▶ **Task objective**
From the first line to the last, copy the listing below word for word.

▶ **Supplied material**
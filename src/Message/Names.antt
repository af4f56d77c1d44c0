-- ===== src/Message/Names.antt =====
-- The small text helpers of internal/smsc/utils.go: names of commands and statuses, phone numbers,
-- digits, and C strings.
use smpp_smsc.Base.{
  ◌&&◌, ℕ, zero, suc, ◌+◌, ◌/◌, ◌%◌, Bool, true, false, ◌&&◌, ◌||◌, Option, none, some, List, [],
  ◌∷◌, ◌++◌, Bytes, nat_eq, ltb, ◌==◌, if◌then◌else◌, length,
}
use smpp_smsc.Base.Decimal.{is_digit}
use smpp_smsc.Text.{codes, runes}
use smpp_smsc.Wire.Constants.{
  bind_transmitter, bind_transmitter_resp, bind_receiver, bind_receiver_resp, bind_transceiver,
  bind_transceiver_resp, unbind, unbind_resp, submit_sm, submit_sm_resp, deliver_sm,
  deliver_sm_resp, enquire_link, enquire_link_resp, generic_nack, status_ok, status_inv_msg_len,
  status_inv_cmd_len, status_inv_cmd_id, status_inv_bnd, status_aly_bnd, status_throttled,
}

hex_digit : ℕ → ℕ
hex_digit d = if ltb d 10 then 48 + d else 87 + d

-- `%0wx` of a number below 16 ^ w.
hex : ℕ → ℕ → Bytes → Bytes
unfolding hex_digit
hex zero n tail = tail
hex (suc width) n tail = hex width (n / 16) (hex_digit (n % 16) ∷ tail)

named : List (ℕ × Bytes) → Bytes → ℕ → Bytes
named [] other n = other
named ((k, name) ∷ names) other n = if k == n then name else named names other n

pub command_names : List (ℕ × Bytes)
command_names =
    (bind_transmitter, codes "bind_transmitter")
    ∷ (bind_transmitter_resp, codes "bind_transmitter_resp")
    ∷ (bind_receiver, codes "bind_receiver")
    ∷ (bind_receiver_resp, codes "bind_receiver_resp")
    ∷ (bind_transceiver, codes "bind_transceiver")
    ∷ (bind_transceiver_resp, codes "bind_transceiver_resp")
    ∷ (unbind, codes "unbind")
    ∷ (unbind_resp, codes "unbind_resp")
    ∷ (submit_sm, codes "submit_sm")
    ∷ (submit_sm_resp, codes "submit_sm_resp")
    ∷ (deliver_sm, codes "deliver_sm")
    ∷ (deliver_sm_resp, codes "deliver_sm_resp")
    ∷ (enquire_link, codes "enquire_link")
    ∷ (enquire_link_resp, codes "enquire_link_resp")
    ∷ (generic_nack, codes "generic_nack")
    ∷ []

unfoldable pub command_id_to_string : ℕ → Bytes
unfolding named command_names hex
command_id_to_string command_id =
    named command_names (codes "unknown_0x" ++ hex 8 command_id []) command_id

pub status_names : List (ℕ × Bytes)
status_names =
    (status_ok, codes "ESME_ROK (ok)")
    ∷ (status_inv_msg_len, codes "ESME_RINVMSGLEN")
    ∷ (status_inv_cmd_len, codes "ESME_RINVCMDLEN")
    ∷ (status_inv_cmd_id, codes "ESME_RINVCMDID")
    ∷ (status_inv_bnd, codes "ESME_RINVBNDSTS")
    ∷ (status_aly_bnd, codes "ESME_RALYBND")
    ∷ (status_throttled, codes "ESME_RTHROTTLED")
    ∷ []

unfoldable pub command_status_to_string : ℕ → Bytes
unfolding named status_names hex
command_status_to_string status =
    named status_names (codes "ESME_RUNKNOWNERR (0x" ++ hex 8 status (codes ")")) status

-- What the pattern [^0-9+] leaves.
keep_dialled : Bytes → Bytes
unfolding is_digit
keep_dialled [] = []
keep_dialled (c ∷ s) = let rest = keep_dialled s in if is_digit c || c == 43 then c ∷ rest else rest

without_prefix : Bytes → Bytes
without_prefix [] = []
without_prefix (c ∷ s) =
    if c == 43 then s else if length (c ∷ s) == 11 && c == 56 then 55 ∷ s else c ∷ s

-- strings.TrimSpace is an input.
unfoldable pub format_phone : (Bytes → Bytes) → Bytes → Bytes
unfolding keep_dialled without_prefix
format_phone trim_space phone =
    let trimmed = trim_space phone in
    if length trimmed == 0 then [] else without_prefix (keep_dialled trimmed)

all_digits : List ℕ → Bool
unfolding is_digit
all_digits [] = true
all_digits (r ∷ rs) = if is_digit r then all_digits rs else false

unfoldable pub is_numeric : Bytes → Bool
unfolding all_digits
is_numeric s = if length s == 0 then false else all_digits (runes s)

in_ussd_class : ℕ → Bool
unfolding is_digit
in_ussd_class c = is_digit c || (c == 42 || c == 35)

-- [0-9*#]+# to the end.
ussd_rest : Bytes → Bool
unfolding in_ussd_class
ussd_rest [] = false
ussd_rest (c ∷ []) = false
ussd_rest (c ∷ d ∷ []) = in_ussd_class c && d == 35
ussd_rest (c ∷ d ∷ e ∷ s) = in_ussd_class c && ussd_rest (d ∷ e ∷ s)

-- ^\*[0-9*#]+#$
unfoldable pub is_ussd : Bytes → Bool
unfolding ussd_rest
is_ussd [] = false
is_ussd (c ∷ s) = c == 42 && ussd_rest s

-- The string before the next zero byte and what the reader has left, or the reader's error at its
-- end.
unfoldable pub read_c_string : Bytes → Option (Bytes × Bytes)
read_c_string [] = none
read_c_string (zero ∷ left) = some ([], left)
read_c_string (suc b ∷ left) = elim (read_c_string left) [
  | none ↦ none
  | some r ↦ some (suc b ∷ r.0, r.1)
]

▶ **Solution to this exercise**
filename src/Message/Names.antt
repository af4f56d77c1d44c0
-- ===== src/Message/Names.antt =====
-- The small text helpers of internal/smsc/utils.go: names of commands and statuses, phone numbers,
-- digits, and C strings.
use smpp_smsc.Base.{
  ◌&&◌, ℕ, zero, suc, ◌+◌, ◌/◌, ◌%◌, Bool, true, false, ◌&&◌, ◌||◌, Option, none, some, List, [],
  ◌∷◌, ◌++◌, Bytes, nat_eq, ltb, ◌==◌, if◌then◌else◌, length,
}
use smpp_smsc.Base.Decimal.{is_digit}
use smpp_smsc.Text.{codes, runes}
use smpp_smsc.Wire.Constants.{
  bind_transmitter, bind_transmitter_resp, bind_receiver, bind_receiver_resp, bind_transceiver,
  bind_transceiver_resp, unbind, unbind_resp, submit_sm, submit_sm_resp, deliver_sm,
  deliver_sm_resp, enquire_link, enquire_link_resp, generic_nack, status_ok, status_inv_msg_len,
  status_inv_cmd_len, status_inv_cmd_id, status_inv_bnd, status_aly_bnd, status_throttled,
}

hex_digit : ℕ → ℕ
hex_digit d = if ltb d 10 then 48 + d else 87 + d

-- `%0wx` of a number below 16 ^ w.
hex : ℕ → ℕ → Bytes → Bytes
unfolding hex_digit
hex zero n tail = tail
hex (suc width) n tail = hex width (n / 16) (hex_digit (n % 16) ∷ tail)

named : List (ℕ × Bytes) → Bytes → ℕ → Bytes
named [] other n = other
named ((k, name) ∷ names) other n = if k == n then name else named names other n

pub command_names : List (ℕ × Bytes)
command_names =
    (bind_transmitter, codes "bind_transmitter")
    ∷ (bind_transmitter_resp, codes "bind_transmitter_resp")
    ∷ (bind_receiver, codes "bind_receiver")
    ∷ (bind_receiver_resp, codes "bind_receiver_resp")
    ∷ (bind_transceiver, codes "bind_transceiver")
    ∷ (bind_transceiver_resp, codes "bind_transceiver_resp")
    ∷ (unbind, codes "unbind")
    ∷ (unbind_resp, codes "unbind_resp")
    ∷ (submit_sm, codes "submit_sm")
    ∷ (submit_sm_resp, codes "submit_sm_resp")
    ∷ (deliver_sm, codes "deliver_sm")
    ∷ (deliver_sm_resp, codes "deliver_sm_resp")
    ∷ (enquire_link, codes "enquire_link")
    ∷ (enquire_link_resp, codes "enquire_link_resp")
    ∷ (generic_nack, codes "generic_nack")
    ∷ []

unfoldable pub command_id_to_string : ℕ → Bytes
unfolding named command_names hex
command_id_to_string command_id =
    named command_names (codes "unknown_0x" ++ hex 8 command_id []) command_id

pub status_names : List (ℕ × Bytes)
status_names =
    (status_ok, codes "ESME_ROK (ok)")
    ∷ (status_inv_msg_len, codes "ESME_RINVMSGLEN")
    ∷ (status_inv_cmd_len, codes "ESME_RINVCMDLEN")
    ∷ (status_inv_cmd_id, codes "ESME_RINVCMDID")
    ∷ (status_inv_bnd, codes "ESME_RINVBNDSTS")
    ∷ (status_aly_bnd, codes "ESME_RALYBND")
    ∷ (status_throttled, codes "ESME_RTHROTTLED")
    ∷ []

unfoldable pub command_status_to_string : ℕ → Bytes
unfolding named status_names hex
command_status_to_string status =
    named status_names (codes "ESME_RUNKNOWNERR (0x" ++ hex 8 status (codes ")")) status

-- What the pattern [^0-9+] leaves.
keep_dialled : Bytes → Bytes
unfolding is_digit
keep_dialled [] = []
keep_dialled (c ∷ s) = let rest = keep_dialled s in if is_digit c || c == 43 then c ∷ rest else rest

without_prefix : Bytes → Bytes
without_prefix [] = []
without_prefix (c ∷ s) =
    if c == 43 then s else if length (c ∷ s) == 11 && c == 56 then 55 ∷ s else c ∷ s

-- strings.TrimSpace is an input.
unfoldable pub format_phone : (Bytes → Bytes) → Bytes → Bytes
unfolding keep_dialled without_prefix
format_phone trim_space phone =
    let trimmed = trim_space phone in
    if length trimmed == 0 then [] else without_prefix (keep_dialled trimmed)

all_digits : List ℕ → Bool
unfolding is_digit
all_digits [] = true
all_digits (r ∷ rs) = if is_digit r then all_digits rs else false

unfoldable pub is_numeric : Bytes → Bool
unfolding all_digits
is_numeric s = if length s == 0 then false else all_digits (runes s)

in_ussd_class : ℕ → Bool
unfolding is_digit
in_ussd_class c = is_digit c || (c == 42 || c == 35)

-- [0-9*#]+# to the end.
ussd_rest : Bytes → Bool
unfolding in_ussd_class
ussd_rest [] = false
ussd_rest (c ∷ []) = false
ussd_rest (c ∷ d ∷ []) = in_ussd_class c && d == 35
ussd_rest (c ∷ d ∷ e ∷ s) = in_ussd_class c && ussd_rest (d ∷ e ∷ s)

-- ^\*[0-9*#]+#$
unfoldable pub is_ussd : Bytes → Bool
unfolding ussd_rest
is_ussd [] = false
is_ussd (c ∷ s) = c == 42 && ussd_rest s

-- The string before the next zero byte and what the reader has left, or the reader's error at its
-- end.
unfoldable pub read_c_string : Bytes → Option (Bytes × Bytes)
read_c_string [] = none
read_c_string (zero ∷ left) = some ([], left)
read_c_string (suc b ∷ left) = elim (read_c_string left) [
  | none ↦ none
  | some r ↦ some (suc b ∷ r.0, r.1)
]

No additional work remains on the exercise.